[akka-http][akka-streams] Back-pressure uploading big zip files

358 views

Skip to first unread message

Juan José Vázquez Delgado

unread,

Apr 28, 2016, 9:02:57 AM4/28/16

to Akka User List

Hi all,

I'm using akka-http for uploading big zip files (~ 1Gb) containing a bunch of files to parse. My goal is not to have to temporarily save to disk the file but reading it on the fly. In order to do this, we've written a `ZipInputStreamSource` that builds a `Source` from an `InputStream`. A zip `Source` would have the following type:

val zipSource: Source[(ZipEntryData, ByteString), Future[Long]]

where the `ZipEntryData` contains some info about the zip entry, e.g. the name, and the `ByteString` is the data chunk.

My code looks more or less like this:

```

def route =

pathPrefix("q") {

post {

fileUpload("part-name") {

case (fileInfo, source) =>

val sink = StreamConverters.asInputStream()

val is = source.runWith(sink)

val zipSource =

ZipInputStreamSource(() => is)

.map { case (zed, bs) => (zed.name, bs) }

.groupBy(10000, _._1)

.reduce((t1, t2) => (t2._1, t1._2 ++ t2._2))

.async

.mergeSubstreams

....

complete(...)

}

```

Basically, we need to do some kind of `reduceByKey` behaviour in order to parse every zip entry as a whole (entries are XML files so we need to parse them completely and cannot be re-chunked).

So far so good. The problem is that we're not able to apply any back-pressure on the uploading process. Basically, when we upload the file with curl, the uploading process ends quickly but the service is blown up returning an OutOfMemory error as soon as the file is big enough.

> curl -O --form "part-name=@the_file.zip" -H "Transfer-Encoding: chunked" http://localhost:8080/q

How could I get the back-pressure behaviour as expected?.

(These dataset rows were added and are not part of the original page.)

-- ===== src/Window/Samplers/Extremes.antt =====
-- The `max` and `min` samplers of moving_window_samplers.hpp: bounds of a period that are reached.
use atp.Common.{All, ◌≡◌, refl, ◌∙◌, false, List, [], ◌∷◌, arith, ◌⊎◌, inl, inr}
use atp.Window.Samplers.{Ordered, maximum, minimum, max, min}
use atp.Window.Samplers.Periods.{continue, period}

-- `x` is at most `y`: `y` is not below it.
abbrev pub AtMost : {A : Type 0} → Ordered A → A → A → Type 0
AtMost o x y = o.below y x ≡ false

abbrev pub Among : {A : Type 0} → A → List A → Type 0
Among a [] = ⊥
Among a (x ∷ xs) = (a ≡ x) ⊎ Among a xs

Among-step :
    {A : Type 0} (r m v x : A) (xs : List A)
    → (m ≡ v) ⊎ (m ≡ x)
    → (r ≡ m) ⊎ Among r xs
    → (r ≡ v) ⊎ Among r (x ∷ xs)
Among-step r m v x xs (inl e) (inl f) = inl (f ∙ e)
Among-step r m v x xs (inr e) (inl f) = inr (inl (f ∙ e))
Among-step r m v x xs _ (inr f) = inr (inr f)

module _ {A : Type 0} (o : Ordered A) where
  pub maximum_bounds :
      (x y : A)
      → AtMost o x (maximum o x y)
        × AtMost o y (maximum o x y)
        × ((maximum o x y ≡ x) ⊎ (maximum o x y ≡ y))
  unfolding maximum
  maximum_bounds x y = ground (arith, o.below_irrefl x, o.below_irrefl y, o.below_asym x y)

  pub minimum_bounds :
      (x y : A)
      → AtMost o (minimum o x y) x
        × AtMost o (minimum o x y) y
        × ((minimum o x y ≡ x) ⊎ (minimum o x y ≡ y))
  unfolding minimum
  minimum_bounds x y = ground (arith, o.below_irrefl x, o.below_irrefl y, o.below_asym y x)

  -- What the `max` sampler makes of a value `v` and further ones: one of them, and at least each.
  pub record IsHighest (v : A) (xs : List A) (r : A) : Type 0 where
    pub start : AtMost o v r
    pub rest : All (λ x. AtMost o x r) xs
    pub reached : (r ≡ v) ⊎ Among r xs

  pub record IsLowest (v : A) (xs : List A) (r : A) : Type 0 where
    pub start : AtMost o r v
    pub rest : All (λ x. AtMost o r x) xs
    pub reached : (r ≡ v) ⊎ Among r xs

  max-continue : (v : A) (xs : List A) → IsHighest v xs (continue (max o) (v, tt) xs).0
  unfolding continue
  max-continue v [] = record { start = o.below_irrefl v; rest = tt; reached = inl refl }
  max-continue v (x ∷ xs) =
      let m = maximum o v x in
      let ih = max-continue m xs in
      let b = maximum_bounds v x in
      record {
        start = o.not_below_trans v m _ b.0 ih.start;
        rest = (o.not_below_trans x m _ b.1 ih.start, ih.rest);
        reached = Among-step _ m v x xs b.2 ih.reached;
      }

  min-continue : (v : A) (xs : List A) → IsLowest v xs (continue (min o) (v, tt) xs).0
  unfolding continue
  min-continue v [] = record { start = o.below_irrefl v; rest = tt; reached = inl refl }
  min-continue v (x ∷ xs) =
      let m = minimum o v x in
      let ih = min-continue m xs in
      let b = minimum_bounds v x in
      record {
        start = o.not_below_trans _ m v ih.start b.0;
        rest = (o.not_below_trans _ m x ih.start b.1, ih.rest);
        reached = Among-step _ m v x xs b.2 ih.reached;
      }

  -- The `max` and the `min` of a period are its highest and its lowest value, whatever came before:
  -- each is a value of the period, and bounds all of them.
  pub extremes_of_period :
      (last v : A) (xs : List A)
      → IsHighest v xs (period (max o) tt last v xs).0
        × IsLowest v xs (period (min o) tt last v xs).0
  unfolding period
  extremes_of_period last v xs = (max-continue v xs, min-continue v xs)
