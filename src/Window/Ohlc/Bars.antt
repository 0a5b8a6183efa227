-- ===== src/Window/Ohlc/Bars.antt =====
-- The bars of src/cpp/common/ohlc.hpp keep their order: low at most open and close, high at least both.
use atp.Common.{
  ℕ, zero, suc, ◌-◌, ◌≡◌, refl, sym, ap, ◌∙◌, List, [], ◌∷◌, ◌++◌, length, drop, replicate, last,
}
use atp.Window.Buffer.{CircularBuffer}
use atp.Window.Samplers.{Ordered, Sampler, maximum, minimum}
use atp.Window.Samplers.Extremes.{AtMost, maximum_bounds, minimum_bounds}
use atp.Window.Moving.{MovingWindow, advance, elements}
use atp.Window.Moving.History.{IsValid, advance-IsValid, advance_sample, begins, closed_by}

module _ {A : Type 0} (o : Ordered A) where
  -- One bar: its open, close, high and low.
  pub record IsBar (op cl hi lo : A) : Type 0 where
    pub low_open : AtMost o lo op
    pub open_high : AtMost o op hi
    pub low_close : AtMost o lo cl
    pub close_high : AtMost o cl hi

  pub flat : (x : A) → IsBar x x x x
  flat x = record {
    low_open = o.below_irrefl x;
    open_high = o.below_irrefl x;
    low_close = o.below_irrefl x;
    close_high = o.below_irrefl x;
  }

  -- A further value of the period.
  pub widen :
      {op cl hi lo : A} (v : A) → IsBar op cl hi lo → IsBar op v (maximum o hi v) (minimum o lo v)
  widen {op} {cl} {hi} {lo} v b =
      let up = maximum_bounds o hi v in
      let down = minimum_bounds o lo v in
      record {
        low_open = o.not_below_trans _ lo op down.0 b.low_open;
        open_high = o.not_below_trans op hi _ b.open_high up.0;
        low_close = down.1;
        close_high = up.1;
      }

  -- Four lists of the same length, of which each place is a bar.
  pub data AreBars : List A → List A → List A → List A → Type 0 where
    no_bars : AreBars [] [] [] []
    bar :
        {op cl hi lo : A} {ops cls his los : List A}
        → IsBar op cl hi lo
        → AreBars ops cls his los
        → AreBars (op ∷ ops) (cl ∷ cls) (hi ∷ his) (lo ∷ los)

  pub bars-append :
      {ops cls his los ops' cls' his' los' : List A}
      → AreBars ops cls his los
      → AreBars ops' cls' his' los'
      → AreBars (ops ++ ops') (cls ++ cls') (his ++ his') (los ++ los')
  bars-append no_bars more = more
  bars-append (bar b bs) more = bar b (bars-append bs more)

  pub bars-replicate :
      (n : ℕ) {op cl hi lo : A}
      → IsBar op cl hi lo
      → AreBars (replicate n op) (replicate n cl) (replicate n hi) (replicate n lo)
  bars-replicate zero b = no_bars
  bars-replicate (suc n) b = bar b (bars-replicate n b)

  bars-drop :
      (n : ℕ) {ops cls his los : List A}
      → AreBars ops cls his los
      → AreBars (drop n ops) (drop n cls) (drop n his) (drop n los)
  bars-drop zero bs = bs
  bars-drop (suc n) no_bars = no_bars
  bars-drop (suc n) (bar b bs) = bars-drop n bs

  bars-length :
      {ops cls his los : List A}
      → AreBars ops cls his los
      → (length cls ≡ length ops) × (length his ≡ length ops) × (length los ≡ length ops)
  bars-length no_bars = (refl, refl, refl)
  bars-length (bar b bs) = let (c, h, l) = bars-length bs in (ap suc c, ap suc h, ap suc l)

  pub bars-last :
      (n : ℕ) {ops cls his los : List A}
      → AreBars ops cls his los
      → AreBars (last n ops) (last n cls) (last n his) (last n los)
  bars-last n {ops} bs =
      let (c, h, l) = bars-length bs in rw (c, h, l) (bars-drop (length ops - n) bs)

module _ {A : Type 0} {B : CircularBuffer A} where
  -- Two windows that have seen the same events.
  pub record InStep {S S' : Sampler A} (m : MovingWindow B S) (m' : MovingWindow B S')
      : Type 0 where
    pub same_ts : m'.current_ts ≡ m.current_ts
    pub same_size : m'.window_size ≡ m.window_size
    pub same_capacity : B.capacity m'.buffer ≡ B.capacity m.buffer

  module _ {S S' : Sampler A} (m : MovingWindow B S) (m' : MovingWindow B S')
      (s : InStep m m') where
    pub begins-InStep : (ts : ℕ) → begins m' ts ≡ begins m ts
    unfolding begins
    begins-InStep ts = rw (s.same_ts, s.same_size) refl

    closed_by-InStep : (ts : ℕ) → closed_by m' ts ≡ closed_by m ts
    unfolding closed_by
    closed_by-InStep ts = rw (s.same_ts, s.same_size) refl

    pub advance-InStep :
        (ts : ℕ) (v : A) → IsValid m → IsValid m' → InStep (advance m ts v).0 (advance m' ts v).0
    advance-InStep ts v ok ok' =
        let a = advance_sample m ts v in
        let a' = advance_sample m' ts v in
        record {
          same_ts = a'.2 ∙ sym a.2;
          same_size = a'.3 ∙ s.same_size ∙ sym a.3;
          same_capacity =
              (advance-IsValid m' ts v ok').2 ∙ s.same_capacity ∙ sym (advance-IsValid m ts v ok).2;
        }

    -- The elements of a window in step, in terms of the other's slots.
    pub grown_InStep :
        (ts : ℕ) (v : A)
        → IsValid m'
        → elements (advance m' ts v).0
          ≡ last (B.capacity m.buffer) (elements m' ++ replicate (closed_by m ts) m'.current_value)
    grown_InStep ts v ok' =
        rw (← s.same_capacity, ← closed_by-InStep ts) (advance-IsValid m' ts v ok').1
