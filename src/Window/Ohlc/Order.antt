-- ===== src/Window/Ohlc/Order.antt =====
-- Every bar of src/cpp/common/ohlc.hpp is in order: after any events low is at most open and close, and
-- high at least both, in the current bar and in all that the windows hold.
use atp.Common.{
  ℕ, ◌/◌, ◌<◌, ◌≡◌, refl, sym, ap, subst, ◌∙◌, List, [], ◌∷◌, Bool, true, false, Option, none, some,
  arith, ◌==◌, if◌then◌else◌, ◌⊎◌, inl, inr, Bool-cases,
}
use atp.Window.Buffer.{CircularBuffer}
use atp.Window.Samplers.{Ordered, opening, open_sample, close, max, min, maximum, minimum}
use atp.Window.Moving.{MovingWindow, create, fresh, elements}
use atp.Window.Moving.History.{
  IsValid, advance-IsValid, advance_sample, begins, fresh_lem, closed_by,
}
use atp.Window.Derived.{on_leaf}
use atp.Window.Ohlc.{Ohlc, create_bars, on}
use atp.Window.Ohlc.Bars.{
  IsBar, flat, widen, AreBars, bars-append, bars-replicate, bars-last, InStep, begins-InStep,
  advance-InStep, grown_InStep,
}

module _ {A : Type 0} (o : Ordered A) where
  -- The current bar and the open sampler after an event, from the flag that it passes.
  sample-IsBar :
      (op cl hi lo v : A) (s : Option A) (flag : Bool)
      → IsBar o op cl hi lo
      → (s ≡ some op) ⊎ (flag ≡ true)
      → let r = open_sample s op v flag in
        IsBar o r.0 v (if flag then v else maximum o hi v) (if flag then v else minimum o lo v)
        × (r.1 ≡ some r.0)
  unfolding open_sample
  sample-IsBar op cl hi lo v s true b h = (flat o v, refl)
  sample-IsBar op cl hi lo v s false b (inl e) = rw e (widen o v b, refl)
  sample-IsBar op cl hi lo v s false b (inr e) = cc

module _ {A : Type 0} {B : CircularBuffer A} where
  -- The open sampler keeps the current open, once an event has come.
  abbrev pub Opened : MovingWindow B opening → Type 0
  Opened m = (m.sampler ≡ some m.current_value) ⊎ (m.current_ts ≡ 0)

  begins_at_zero : (m : MovingWindow B opening) (ts : ℕ) → m.current_ts ≡ 0 → begins m ts ≡ true
  unfolding begins
  begins_at_zero m ts e = ground arith

module _ {A : Type 0} {B : CircularBuffer A} {o : Ordered A} where
  pub record IsOrdered (b : Ohlc B o) : Type 0 where
    pub held :
        AreBars o
          (elements b.open_window)
          (elements b.close_window)
          (elements b.high_window)
          (elements b.low_window)
    pub current :
        IsBar o b.open_window.current_value b.close_window.current_value b.high_window.current_value
          b.low_window.current_value
    pub opened : Opened b.open_window
    pub open_valid : IsValid b.open_window
    pub close_valid : IsValid b.close_window
    pub high_valid : IsValid b.high_window
    pub low_valid : IsValid b.low_window
    pub close_step : InStep b.open_window b.close_window
    pub high_step : InStep b.open_window b.high_window
    pub low_step : InStep b.open_window b.low_window

  -- An event, whatever its time and value, leaves every bar in order.
  on-IsOrdered : (b : Ohlc B o) (ts : ℕ) (v : A) → IsOrdered b → IsOrdered (on B o b ts v).0
  unfolding on on_leaf
  on-IsOrdered b ts v ok =
      let op = b.open_window in
      let cl = b.close_window in
      let hi = b.high_window in
      let lo = b.low_window in
      let flag = begins op ts in
      let so = advance_sample op ts v in
      let sc = advance_sample cl ts v in
      let sh = advance_sample hi ts v in
      let sl = advance_sample lo ts v in
      let fh = begins-InStep op hi ok.high_step ts in
      let fl = begins-InStep op lo ok.low_step ts in
      let start : (op.sampler ≡ some op.current_value) ⊎ (flag ≡ true) = elim ok.opened [
        | inl e ↦ inl e
        | inr e ↦ inr (begins_at_zero op ts e)
      ] in
      let now =
        sample-IsBar o op.current_value cl.current_value hi.current_value lo.current_value v
          op.sampler flag ok.current start in
      record {
        held =
            rw
              (
                (advance-IsValid op ts v ok.open_valid).1,
                grown_InStep op cl ok.close_step ts v ok.close_valid,
                grown_InStep op hi ok.high_step ts v ok.high_valid,
                grown_InStep op lo ok.low_step ts v ok.low_valid,
              )
              (bars-last o (B.capacity op.buffer)
                (bars-append o ok.held (bars-replicate o (closed_by op ts) ok.current)));
        current = rw (so.0, sc.0, sh.0, sl.0, fh, fl) now.0;
        opened = inl (so.1 ∙ now.1 ∙ ap some (sym so.0));
        open_valid = (advance-IsValid op ts v ok.open_valid).0;
        close_valid = (advance-IsValid cl ts v ok.close_valid).0;
        high_valid = (advance-IsValid hi ts v ok.high_valid).0;
        low_valid = (advance-IsValid lo ts v ok.low_valid).0;
        close_step = advance-InStep op cl ok.close_step ts v ok.open_valid ok.close_valid;
        high_step = advance-InStep op hi ok.high_step ts v ok.open_valid ok.high_valid;
        low_step = advance-InStep op lo ok.low_step ts v ok.open_valid ok.low_valid;
      }

  unfoldable pub run : Ohlc B o → List (ℕ × A) → Ohlc B o
  run b [] = b
  run b ((ts, v) ∷ es) = run (on B o b ts v).0 es

  run-IsOrdered : (es : List (ℕ × A)) (b : Ohlc B o) → IsOrdered b → IsOrdered (run b es)
  unfolding run
  run-IsOrdered [] b ok = ok
  run-IsOrdered ((ts, v) ∷ es) b ok = run-IsOrdered es (on B o b ts v).0 (on-IsOrdered b ts v ok)

  fresh_bars : ℕ → ℕ → A → Ohlc B o
  fresh_bars h s initial = record {
    open_window = fresh B opening h s initial;
    close_window = fresh B close h s initial;
    high_window = fresh B (max o) h s initial;
    low_window = fresh B (min o) h s initial;
    post = none;
  }

  fresh_bars-IsOrdered : (h s : ℕ) (initial : A) → 0 < s → IsOrdered (fresh_bars h s initial)
  unfolding fresh_bars fresh
  fresh_bars-IsOrdered h s initial p =
      let (ok_o, held_o, cap_o) = fresh_lem {B = B} {S = opening} h s initial p in
      let (ok_c, held_c, cap_c) = fresh_lem {B = B} {S = close} h s initial p in
      let (ok_h, held_h, cap_h) = fresh_lem {B = B} {S = max o} h s initial p in
      let (ok_l, held_l, cap_l) = fresh_lem {B = B} {S = min o} h s initial p in
      record {
        held = rw held_o (bars-replicate o (h / s) (flat o initial));
        current = flat o initial;
        opened = inr refl;
        open_valid = ok_o;
        close_valid = ok_c;
        high_valid = ok_h;
        low_valid = ok_l;
        close_step = record { same_ts = refl; same_size = refl; same_capacity = refl };
        high_step = record { same_ts = refl; same_size = refl; same_capacity = refl };
        low_step = record { same_ts = refl; same_size = refl; same_capacity = refl };
      }

  -- Bars that have just been made, and then have seen any events in any order of time, are in order:
  -- low is at most open and close, and high at least both, in the current bar and in every bar held.
  pub bars_in_order :
      (h s : ℕ) (initial : A) (b : Ohlc B o) (es : List (ℕ × A))
      → create_bars B o h s initial ≡ some b
      → IsOrdered (run b es)
  unfolding create_bars create
  bars_in_order h s initial b es e = elim (Bool-cases (s == 0)) [
    | inl p ↦ absurd (ground arith)
    | inr p ↦
        let found : fresh_bars h s initial ≡ b = unfold fresh_bars in ground arith in
        run-IsOrdered es b (subst IsOrdered found (fresh_bars-IsOrdered h s initial (ground arith)))
  ]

Thanks in advance for your help.

Regards,

Juanjo.

Juan José Vázquez Delgado

unread,

May 2, 2016, 11:55:33 AM5/2/16

to Akka User List

Just for the records, we've finally managed to stream these big zip files using `splitWhen` instead of `groupBy`. It seems that we misunderstood the groupBy's behaviour and it turns out the stream was accumulating the whole file in memory.